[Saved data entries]
★ ★ ★ ★ ★

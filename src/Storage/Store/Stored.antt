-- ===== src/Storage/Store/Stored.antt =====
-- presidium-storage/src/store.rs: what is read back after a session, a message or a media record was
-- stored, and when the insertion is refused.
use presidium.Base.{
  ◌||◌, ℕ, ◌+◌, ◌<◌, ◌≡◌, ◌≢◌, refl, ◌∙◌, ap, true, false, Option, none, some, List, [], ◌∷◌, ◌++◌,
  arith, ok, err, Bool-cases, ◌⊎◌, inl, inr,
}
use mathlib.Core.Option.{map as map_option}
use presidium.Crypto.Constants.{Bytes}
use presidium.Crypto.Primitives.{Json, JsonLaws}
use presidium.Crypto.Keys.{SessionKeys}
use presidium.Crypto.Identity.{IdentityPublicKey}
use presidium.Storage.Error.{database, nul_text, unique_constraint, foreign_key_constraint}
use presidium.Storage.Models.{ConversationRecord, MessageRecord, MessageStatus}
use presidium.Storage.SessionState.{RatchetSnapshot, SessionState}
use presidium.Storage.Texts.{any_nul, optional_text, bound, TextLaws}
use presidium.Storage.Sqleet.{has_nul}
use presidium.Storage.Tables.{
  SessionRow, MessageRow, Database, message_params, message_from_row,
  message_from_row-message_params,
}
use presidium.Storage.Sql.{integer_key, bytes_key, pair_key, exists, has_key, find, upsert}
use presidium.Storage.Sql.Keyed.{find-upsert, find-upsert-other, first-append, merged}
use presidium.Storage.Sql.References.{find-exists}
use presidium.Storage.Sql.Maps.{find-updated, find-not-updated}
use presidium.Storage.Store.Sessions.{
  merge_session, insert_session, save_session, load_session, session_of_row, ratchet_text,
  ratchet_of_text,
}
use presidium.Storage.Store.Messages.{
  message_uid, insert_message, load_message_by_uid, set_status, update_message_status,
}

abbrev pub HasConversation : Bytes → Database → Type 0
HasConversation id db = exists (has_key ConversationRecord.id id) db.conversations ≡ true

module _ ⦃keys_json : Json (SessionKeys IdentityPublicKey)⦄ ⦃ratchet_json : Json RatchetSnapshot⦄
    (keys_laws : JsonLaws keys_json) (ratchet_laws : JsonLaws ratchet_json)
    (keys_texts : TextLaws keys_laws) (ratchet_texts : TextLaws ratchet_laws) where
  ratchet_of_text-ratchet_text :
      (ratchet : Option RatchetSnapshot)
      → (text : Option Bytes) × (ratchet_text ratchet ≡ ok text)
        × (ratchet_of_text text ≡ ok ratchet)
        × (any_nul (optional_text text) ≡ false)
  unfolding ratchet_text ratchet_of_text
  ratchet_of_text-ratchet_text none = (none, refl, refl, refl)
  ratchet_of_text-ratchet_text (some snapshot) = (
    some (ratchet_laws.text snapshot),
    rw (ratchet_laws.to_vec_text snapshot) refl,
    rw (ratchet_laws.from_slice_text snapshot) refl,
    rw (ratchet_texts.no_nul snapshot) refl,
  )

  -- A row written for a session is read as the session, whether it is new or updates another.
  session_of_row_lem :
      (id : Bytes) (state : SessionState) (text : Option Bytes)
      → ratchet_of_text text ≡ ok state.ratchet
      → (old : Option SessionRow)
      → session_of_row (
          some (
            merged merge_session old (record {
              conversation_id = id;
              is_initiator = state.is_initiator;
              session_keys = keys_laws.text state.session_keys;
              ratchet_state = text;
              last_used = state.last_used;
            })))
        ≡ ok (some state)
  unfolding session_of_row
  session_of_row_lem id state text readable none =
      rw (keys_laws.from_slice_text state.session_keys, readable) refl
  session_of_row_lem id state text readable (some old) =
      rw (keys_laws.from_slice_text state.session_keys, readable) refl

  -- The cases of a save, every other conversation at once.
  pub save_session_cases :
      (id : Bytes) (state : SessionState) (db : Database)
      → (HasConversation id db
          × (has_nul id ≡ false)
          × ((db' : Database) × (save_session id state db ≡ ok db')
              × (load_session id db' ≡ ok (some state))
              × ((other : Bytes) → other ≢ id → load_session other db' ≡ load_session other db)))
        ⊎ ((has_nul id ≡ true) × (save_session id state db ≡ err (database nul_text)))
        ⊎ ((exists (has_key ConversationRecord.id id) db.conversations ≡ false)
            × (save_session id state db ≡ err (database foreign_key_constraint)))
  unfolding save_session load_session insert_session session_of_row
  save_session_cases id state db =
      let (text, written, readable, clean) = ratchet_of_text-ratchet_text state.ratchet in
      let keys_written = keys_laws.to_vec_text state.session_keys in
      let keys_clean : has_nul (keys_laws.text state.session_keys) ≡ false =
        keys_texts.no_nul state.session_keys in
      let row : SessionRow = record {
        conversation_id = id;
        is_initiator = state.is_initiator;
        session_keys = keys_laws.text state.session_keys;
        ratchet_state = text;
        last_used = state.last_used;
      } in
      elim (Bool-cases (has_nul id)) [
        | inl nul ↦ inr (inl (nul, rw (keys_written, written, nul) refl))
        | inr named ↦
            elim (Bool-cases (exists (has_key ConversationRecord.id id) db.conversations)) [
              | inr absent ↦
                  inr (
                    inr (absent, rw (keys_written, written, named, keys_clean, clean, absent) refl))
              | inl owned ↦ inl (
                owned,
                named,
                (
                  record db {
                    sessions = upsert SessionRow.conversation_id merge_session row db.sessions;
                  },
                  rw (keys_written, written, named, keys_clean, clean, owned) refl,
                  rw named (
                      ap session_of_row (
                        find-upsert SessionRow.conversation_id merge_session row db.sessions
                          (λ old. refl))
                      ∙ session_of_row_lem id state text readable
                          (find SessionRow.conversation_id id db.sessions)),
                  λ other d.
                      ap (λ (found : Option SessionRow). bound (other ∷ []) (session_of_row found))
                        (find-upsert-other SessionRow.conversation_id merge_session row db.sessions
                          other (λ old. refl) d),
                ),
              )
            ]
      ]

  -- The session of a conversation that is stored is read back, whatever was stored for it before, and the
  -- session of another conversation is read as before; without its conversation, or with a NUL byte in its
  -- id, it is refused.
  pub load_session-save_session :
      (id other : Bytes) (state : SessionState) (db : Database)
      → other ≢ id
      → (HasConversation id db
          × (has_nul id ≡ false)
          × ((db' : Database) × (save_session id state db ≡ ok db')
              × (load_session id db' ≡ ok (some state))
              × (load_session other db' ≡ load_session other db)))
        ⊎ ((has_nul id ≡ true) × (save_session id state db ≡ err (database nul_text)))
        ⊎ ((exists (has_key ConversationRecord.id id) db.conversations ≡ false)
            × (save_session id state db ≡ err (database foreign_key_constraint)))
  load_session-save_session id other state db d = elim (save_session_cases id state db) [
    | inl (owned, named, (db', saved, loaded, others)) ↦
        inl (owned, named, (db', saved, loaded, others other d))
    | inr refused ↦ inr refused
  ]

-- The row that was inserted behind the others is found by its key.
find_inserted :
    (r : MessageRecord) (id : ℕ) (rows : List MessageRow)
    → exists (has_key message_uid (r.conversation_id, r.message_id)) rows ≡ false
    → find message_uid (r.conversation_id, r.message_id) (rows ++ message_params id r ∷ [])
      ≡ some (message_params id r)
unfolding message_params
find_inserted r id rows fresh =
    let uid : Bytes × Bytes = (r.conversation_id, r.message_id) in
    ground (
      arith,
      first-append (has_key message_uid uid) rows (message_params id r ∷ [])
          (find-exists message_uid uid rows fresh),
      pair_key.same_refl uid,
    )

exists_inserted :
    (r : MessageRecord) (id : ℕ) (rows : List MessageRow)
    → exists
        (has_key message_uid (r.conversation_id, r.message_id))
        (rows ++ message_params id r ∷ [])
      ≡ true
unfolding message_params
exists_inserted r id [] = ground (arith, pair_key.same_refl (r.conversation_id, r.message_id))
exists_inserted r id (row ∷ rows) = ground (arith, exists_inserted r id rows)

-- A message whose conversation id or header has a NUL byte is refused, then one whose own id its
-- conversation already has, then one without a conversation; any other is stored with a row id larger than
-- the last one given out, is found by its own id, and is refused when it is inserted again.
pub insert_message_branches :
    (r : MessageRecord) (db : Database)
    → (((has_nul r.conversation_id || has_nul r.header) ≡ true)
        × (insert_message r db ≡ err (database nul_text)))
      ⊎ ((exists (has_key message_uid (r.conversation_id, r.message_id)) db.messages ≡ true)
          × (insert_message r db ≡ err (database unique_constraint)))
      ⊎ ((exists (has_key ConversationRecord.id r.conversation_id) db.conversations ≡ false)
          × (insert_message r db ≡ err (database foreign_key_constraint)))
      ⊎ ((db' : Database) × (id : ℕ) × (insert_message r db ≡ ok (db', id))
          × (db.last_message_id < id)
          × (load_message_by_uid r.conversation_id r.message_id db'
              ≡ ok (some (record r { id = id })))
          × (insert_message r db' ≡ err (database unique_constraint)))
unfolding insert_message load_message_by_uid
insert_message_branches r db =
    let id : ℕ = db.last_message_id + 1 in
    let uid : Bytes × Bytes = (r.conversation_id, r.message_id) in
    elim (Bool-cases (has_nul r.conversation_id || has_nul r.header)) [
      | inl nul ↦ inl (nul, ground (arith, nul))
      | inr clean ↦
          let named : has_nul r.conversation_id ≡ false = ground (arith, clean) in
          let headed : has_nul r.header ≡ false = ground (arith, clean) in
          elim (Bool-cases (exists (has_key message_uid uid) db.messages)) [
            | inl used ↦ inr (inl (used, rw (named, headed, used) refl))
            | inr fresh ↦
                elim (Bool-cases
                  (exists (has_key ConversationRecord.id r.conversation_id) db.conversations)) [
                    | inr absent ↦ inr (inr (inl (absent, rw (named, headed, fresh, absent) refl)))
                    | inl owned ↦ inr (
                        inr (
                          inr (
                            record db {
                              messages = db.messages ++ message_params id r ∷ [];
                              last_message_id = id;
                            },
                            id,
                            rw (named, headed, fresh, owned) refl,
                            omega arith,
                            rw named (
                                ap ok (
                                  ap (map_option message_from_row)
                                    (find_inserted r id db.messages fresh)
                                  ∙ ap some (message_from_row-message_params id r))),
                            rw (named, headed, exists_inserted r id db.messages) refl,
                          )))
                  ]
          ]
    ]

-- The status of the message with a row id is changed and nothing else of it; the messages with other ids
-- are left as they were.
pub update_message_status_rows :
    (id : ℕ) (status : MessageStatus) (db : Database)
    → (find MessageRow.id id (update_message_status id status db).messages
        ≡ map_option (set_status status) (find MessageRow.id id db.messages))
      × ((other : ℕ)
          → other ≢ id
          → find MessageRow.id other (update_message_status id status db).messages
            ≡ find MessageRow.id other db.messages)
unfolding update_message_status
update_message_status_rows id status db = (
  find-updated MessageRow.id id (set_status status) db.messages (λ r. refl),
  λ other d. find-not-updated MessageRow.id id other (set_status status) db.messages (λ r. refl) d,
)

★ ★ ★ ★ ★

* **About this exercise**
Quote in full each line from the top of the records above through the line with "HasConversation id db = exists"; stop after that line.

* **Output for this task**
filename src/Storage/Store/Stored.antt
-- ===== src/Storage/Store/Stored.antt =====
-- presidium-storage/src/store.rs: what is read back after a session, a message or a media record was
-- stored, and when the insertion is refused.
use presidium.Base.{
  ◌||◌, ℕ, ◌+◌, ◌<◌, ◌≡◌, ◌≢◌, refl, ◌∙◌, ap, true, false, Option, none, some, List, [], ◌∷◌, ◌++◌,
  arith, ok, err, Bool-cases, ◌⊎◌, inl, inr,
}
use mathlib.Core.Option.{map as map_option}
use presidium.Crypto.Constants.{Bytes}
use presidium.Crypto.Primitives.{Json, JsonLaws}
use presidium.Crypto.Keys.{SessionKeys}
use presidium.Crypto.Identity.{IdentityPublicKey}
use presidium.Storage.Error.{database, nul_text, unique_constraint, foreign_key_constraint}
use presidium.Storage.Models.{ConversationRecord, MessageRecord, MessageStatus}
use presidium.Storage.SessionState.{RatchetSnapshot, SessionState}
use presidium.Storage.Texts.{any_nul, optional_text, bound, TextLaws}
use presidium.Storage.Sqleet.{has_nul}
use presidium.Storage.Tables.{
  SessionRow, MessageRow, Database, message_params, message_from_row,
  message_from_row-message_params,
}
use presidium.Storage.Sql.{integer_key, bytes_key, pair_key, exists, has_key, find, upsert}
use presidium.Storage.Sql.Keyed.{find-upsert, find-upsert-other, first-append, merged}
use presidium.Storage.Sql.References.{find-exists}
use presidium.Storage.Sql.Maps.{find-updated, find-not-updated}
use presidium.Storage.Store.Sessions.{
  merge_session, insert_session, save_session, load_session, session_of_row, ratchet_text,
  ratchet_of_text,
}
use presidium.Storage.Store.Messages.{
  message_uid, insert_message, load_message_by_uid, set_status, update_message_status,
}

abbrev pub HasConversation : Bytes → Database → Type 0
HasConversation id db = exists (has_key ConversationRecord.id id) db.conversations ≡ true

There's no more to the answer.